We see interesting things happening:

  • Within the error bars, both models have the same ROC AUC and KS; this is expected, since both AUC and KS depend only on the ROC curve, which itself is invariant under changes in class imbalance

  • There are more differences in average precision and in the PR curve as whole; this is expected too. The model adapted to imbalance performs slightly better (around 2 sigma away from the naive model), but still close enough

In other words: KS is not heavily affected by class imbalance, since it depends on the ROC curve and it itself is mostly robust to imbalance.

Conclusions#

  • We have presented the KS score as it is used to evaluate classification models (particularly credit)

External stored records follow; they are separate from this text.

-- ===== src/Store/Users/Live.antt =====
-- auth.go, ResolveAuthSession: what it has found when it succeeds, in words that do not use it.
use device_management_platfo.Base.{
  ℕ, ◌≡◌, refl, subst, String, true, ok, ◌==◌, eq_iff, arith, find, IsIn, find-IsIn, find-test,
  Option-cases, Bool-cases, inl, inr,
}
use device_management_platfo.Store.Schema.{Db, User, AuthSession, active, TextOrder}
use device_management_platfo.Store.Access.Live.{is_active_iff}
use device_management_platfo.Store.Users.Sessions.{resolvable_auth, resolve_auth_session}

module _ (later : TextOrder) where
  -- The rows of a login: its session is active and not expired, its user is enabled.
  abbrev pub IsLogin : String → ℕ → Db → AuthSession → User → Type 0
  IsLogin token_hash now db session user =
      IsIn session db.auth_sessions
      × (session.token_hash ≡ token_hash)
      × (session.status ≡ active)
      × (later session.expires_at now ≡ true)
      × IsIn user db.users
      × (user.id ≡ session.user_id)
      × (user.enabled ≡ true)

  pub resolve-IsLogin :
      (token_hash : String) (now : ℕ) (db : Db) (session : AuthSession) (user : User)
      → resolve_auth_session later token_hash now db ≡ ok (session, user)
      → IsLogin token_hash now db session user
  unfolding resolve_auth_session resolvable_auth
  resolve-IsLogin token_hash now db session user h =
      elim (Option-cases (find (resolvable_auth later token_hash now db) db.auth_sessions)) [
        | inl absent ↦ absurd (ground (arith, absent, h))
        | inr (s, there) ↦ elim (Option-cases (find (λ u. u.id == s.user_id) db.users)) [
          | inl absent ↦ absurd (ground (arith, there, absent, h))
          | inr (u, known) ↦ elim (Bool-cases u.enabled) [
            | inr barred ↦ absurd (ground (arith, there, known, barred, h))
            | inl enabled ↦
                let same : s ≡ session = ground (arith, there, known, enabled, h) in
                let same_user : u ≡ user = ground (arith, there, known, enabled, h) in
                let both : ◌≡◌ {A = AuthSession × User} (s, u) (session, user) =
                  rw (same, same_user) refl in
                let passed =
                  find-test (resolvable_auth later token_hash now db) db.auth_sessions s there in
                subst (λ p. IsLogin token_hash now db p.0 p.1) both
                  (
                    find-IsIn _ db.auth_sessions s there,
                    (eq_iff s.token_hash token_hash).0 (ground (arith, passed)),
                    is_active_iff s.status (ground (arith, passed)),
                    ground (arith, passed),
                    find-IsIn _ db.users u known,
                    (eq_iff u.id s.user_id).0 (find-test _ db.users u known),
                    enabled,
                  )
          ]
        ]
      ]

  • We have show that it has a deep connection with the ROC curve: it is the maximum vertical distance between the ROC curve and the \(y=x\) diagonal

  • This mechanism can be used to find an optimal threshold (if desired) for our score function, since it is where both curves (CDFs) are further apart from each other

  • There is a weak connection between KS and ROC AUC. KS itself is blind to the original score’s ROC AUC, but it is equal (up to some constants) to the ROC AUC of a new simplified classifier.